Other common mistakes include ignoring Bing profile setup, skipping local authority links, treating each AI suggestion as gospel, and assuming the latest tool replaces the fundamentals. AI works best when paired with consistent publishing and a clear niche. It falls apart when used as a shortcut to skip the reps.

Simple 5-Step Plan to Boost Your Podcast's SEO With AI  

  1. Read the published scoring rules for vidIQ or TubeBuddy and save them as a reference document.

  2. Open ChatGPT and ask it what information it would need to score your podcast's YouTube uploads at maximum.

  3. Feed its answer back as your actual prompt template along with the episode transcript.

  4. Use the model's output for titles, show notes, and pin comments on each upload.

  5. Sync your Bing Business Profile, add a Chamber of Commerce backlink, and pick one charity link to round out the authority signals.
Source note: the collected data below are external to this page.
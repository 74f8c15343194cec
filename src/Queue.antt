-- ===== src/Queue.antt =====
-- The timers of QueueService (src/queue/queue.service.ts): the ids of the offers that are to expire.
use guardian_backend_service.Prelude.{ℕ, ◌∷◌, ◌==◌, not, select}
use guardian_backend_service.Prelude.Effect.{ok}
use guardian_backend_service.Data.{Action}

unfoldable pub schedule_offer_expiry : ℕ → Action (Unit {0})
schedule_offer_expiry id s = (ok tt, record s { expiry_timers = id ∷ s.expiry_timers })

unfoldable pub cancel_offer_expiry : ℕ → Action (Unit {0})
cancel_offer_expiry id s =
    (ok tt, record s { expiry_timers = select (λ t. not (t == id)) s.expiry_timers })
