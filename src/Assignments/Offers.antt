-- ===== src/Assignments/Offers.antt =====
-- The offer phase: `accept`, `decline` and `findForGuardian` of AssignmentsService
-- (src/assignments/assignments.service.ts).
use guardian_backend_service.Prelude.{
  ℕ, Bool, Option, none, [], ◌∷◌, ◌==◌, ◌===◌, ◌&&◌, ◌||◌, not, ltb, leb, includes,
}
use guardian_backend_service.Prelude.Table.{Table, find, find_where, select_where}
use guardian_backend_service.Prelude.Effect.{
  ◌>>=◌, ◌>>◌, pure, throw_if, some_or_throw, gets, when, assignment_not_found, offer_not_active,
  offer_expired, slots_filled, guardian_not_found, modified_concurrently, record_missing,
}
use guardian_backend_service.Data.{
  AssignmentStatus, assignment_eq, JobStatus, job_eq, Assignment, Job, Action, on_tx, on_pool,
  transaction, atomic, find_with_job, find_assignment, update_shift, audit_log, enqueue,
  OutboxPayload,
}
use guardian_backend_service.Guardians.ShiftState.{set_available, made_busy}
use guardian_backend_service.Payroll.PayPolicy.{resolve_pay_policy}
use guardian_backend_service.Queue.{cancel_offer_expiry}
use guardian_backend_service.Dispatching.{is_replacement_dispatch_paused}
use guardian_backend_service.Jobs.Progress.{count_staffed, active_staffed_statuses}
use guardian_backend_service.Jobs.Staffing.{StaffingAcceptResult, apply_accept_staffing_update}
use guardian_backend_service.Assignments.Update.{
  update_optimistic, transition_offered_assignment, set_accepted,
}

abbrev pub is_live_offer_of : ℕ → ℕ → Assignment → Bool
is_live_offer_of guardian now a =
    a.guardian_id == guardian && a.status === AssignmentStatus.offered && ltb now a.expires_at

abbrev pub is_active_for : ℕ → Assignment → Bool
is_active_for guardian a = a.guardian_id == guardian && includes active_staffed_statuses a.status

-- the live offers and the active assignment of a guardian; the order by `offerSentAt` is left out
unfoldable pub find_for_guardian : ℕ → Action (Table Assignment × Option (ℕ × Assignment))
unfolding select_where find_where
find_for_guardian guardian = gets λ s. (
  select_where (is_live_offer_of guardian s.now) s.assignments,
  find_where (is_active_for guardian) s.assignments,
)

-- `if (!assignment || assignment.guardianId !== guardianId) throw …`, with the job
unfoldable pub own_assignment : ℕ → ℕ → Action (Assignment × Job)
unfolding find_with_job
own_assignment id guardian = do
  row ← some_or_throw (← find_with_job id) assignment_not_found
  throw_if (not (row.0.guardian_id == guardian)) assignment_not_found
  pure row

-- A job that seeks a replacement has no slots to check.
unfoldable pub check_slots : ℕ → Job → Action (Unit {0})
check_slots id j = do
  staffed ← gets λ s. count_staffed id s.assignments
  throw_if
      (not (j.status === JobStatus.seeking_replacement) && leb j.requested_guardian_count staffed)
      slots_filled

-- the writes of an acceptance, from the pay policy on
unfoldable pub commit_accept : ℕ → ℕ → Assignment → Job → Action (Assignment × StaffingAcceptResult)
unfolding find_assignment update_shift
commit_accept id guardian a j = do
  terms ← some_or_throw (← gets λ s. find guardian s.guardians) guardian_not_found
  policy ← resolve_pay_policy j.job_type terms.employment_type j.scheduled_start
  now ← gets λ s. s.now
  updated_count ←
      transition_offered_assignment id a.version_number
        (set_accepted now policy terms.hourly_pay_rate)
  throw_if (updated_count == 0) modified_concurrently
  updated ← some_or_throw (← find_assignment id) record_missing
  update_shift guardian made_busy
  result ← apply_accept_staffing_update a.job_id j none
  pure (updated, result)

unfoldable pub accept_in_transaction : ℕ → ℕ → Action (Assignment × StaffingAcceptResult)
unfolding own_assignment check_slots
accept_in_transaction id guardian = do
  row ← own_assignment id guardian
  throw_if (not (row.0.status === AssignmentStatus.offered)) offer_not_active
  now ← gets λ s. s.now
  throw_if (ltb row.0.expires_at now) offer_expired
  check_slots row.0.job_id row.1
  commit_accept id guardian row.0 row.1

-- `releaseCompetingOffers` of src/assignments/competing-offer-release.util.ts
unfoldable pub release_competing_offers : Table Assignment → Action (Unit {0})
unfolding cancel_offer_expiry
release_competing_offers [] = pure tt
release_competing_offers ((id, a) ∷ rest) = do
  cancel_offer_expiry id
  set_available a.guardian_id
  release_competing_offers rest

-- what follows the transaction of an acceptance
unfoldable pub after_accept : ℕ → Assignment → StaffingAcceptResult → Action Assignment
unfolding audit_log enqueue release_competing_offers
after_accept id updated result = do
  release_competing_offers result.excess_offers
  when result.should_continue_dispatch (enqueue (OutboxPayload.dispatch_refill updated.job_id))
  audit_log none "OFFER_ACCEPTED" id
  pure updated

unfoldable pub accept : ℕ → ℕ → Action Assignment
accept id guardian = do
  done ← atomic (accept_in_transaction id guardian)
  after_accept id done.0 done.1

-- The guardian is released by a statement on `this.prisma`, inside the transaction.
unfoldable pub commit_decline : ℕ → ℕ → Assignment → Action (Unit {0})
commit_decline id guardian a = transaction (do
  updated ← on_tx (update_optimistic id a.version_number AssignmentStatus.declined)
  on_pool (set_available guardian))

unfoldable pub decline : ℕ → ℕ → Action (Unit {0})
unfolding own_assignment audit_log enqueue commit_decline
decline id guardian = do
  row ← own_assignment id guardian
  throw_if (not (row.0.status === AssignmentStatus.offered)) offer_not_active
  commit_decline id guardian row.0
  audit_log none "OFFER_DECLINED" id
  when
      (not (row.1.status === JobStatus.seeking_replacement)
        || not (is_replacement_dispatch_paused row.1))
      (enqueue (
        OutboxPayload.dispatch_replacement row.0.job_id
          (row.1.status === JobStatus.seeking_replacement)))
If you want a single platform that handles transcripts, distribution, and analytics so the AI workflow plugs in cleanly, you can run the whole stack inside PodUp.

FAQ  

1. Do I need 800 episodes to use this AI workflow? No. The workflow works from episode one. The earlier you start training your prompt library, the faster your discoverability compounds. Jack's principles apply at every stage.

2. Will ChatGPT replace my podcast editor or producer? No. AI handles repetitive tasks like show notes, pin comments, and SEO copy. The creative work, the relationships, and the consistency are still up to the host.

3. How long does it take to set up the Bing profile and Chamber backlink? A focused afternoon. The Bing profile syncs directly from Google. The Chamber link is usually a quick email or membership confirmation away.

4. What if I'm not in real estate like Jack? The workflow applies across niches. Replace "real estate" with your industry, and the same authority signals, prompt strategies, and MVP timelines apply.

5. Is vibe coding actually production-ready? Not yet for every use case. It is production-ready for testing ideas, validating MVPs, and building internal tools. The output is good enough to learn what the market wants before committing to a full developer build.

The Real Lesson Behind 800 Episodes  

Jack's biggest takeaway after 9 years of podcasting isn't a tactic. It's adaptability. Most people die on a hill defending the way they've always worked. Jack doesn't. Most of the awards and results he's stacked up have come because he adopted the next shift faster than the people around him. He quotes Dan Martell's line: "It's not what you know, it's what you can ask."

The podcasters who win the next decade won't be the ones with the loudest mic. They'll be the ones who let go of yesterday's tools fastest, learn to ask AI better questions than everyone else, and keep showing up. Authority isn't earned in 90 days. It's earned over years of reps, and the compound interest doesn't show up until the work has already been done.

Key Takeaways  

  1. AI engines weight different authority signals than traditional search engines do.

  2. Training ChatGPT on published SEO scoring rules can push YouTube scores significantly higher.

  3. Letting AI design the prompt first produces sharper output than writing it manually.

  4. Bing Business Profiles feed OpenAI's signal layer more than most creators realize.

  5. Chamber of Commerce and charity backlinks compound into trusted authority for AI engines.

  6. A podcast can replace sales pitches when authority is allowed to build over years.

  7. Vibe coding makes a working MVP possible in days instead of months or years.

  8. The 75/25 rule turns AI into a focus tool, not just an idea machine.

  9. Top operators trade their time for podcast appearances when the show carries credibility.

  10. Adaptability matters more than mastery because the tools keep changing.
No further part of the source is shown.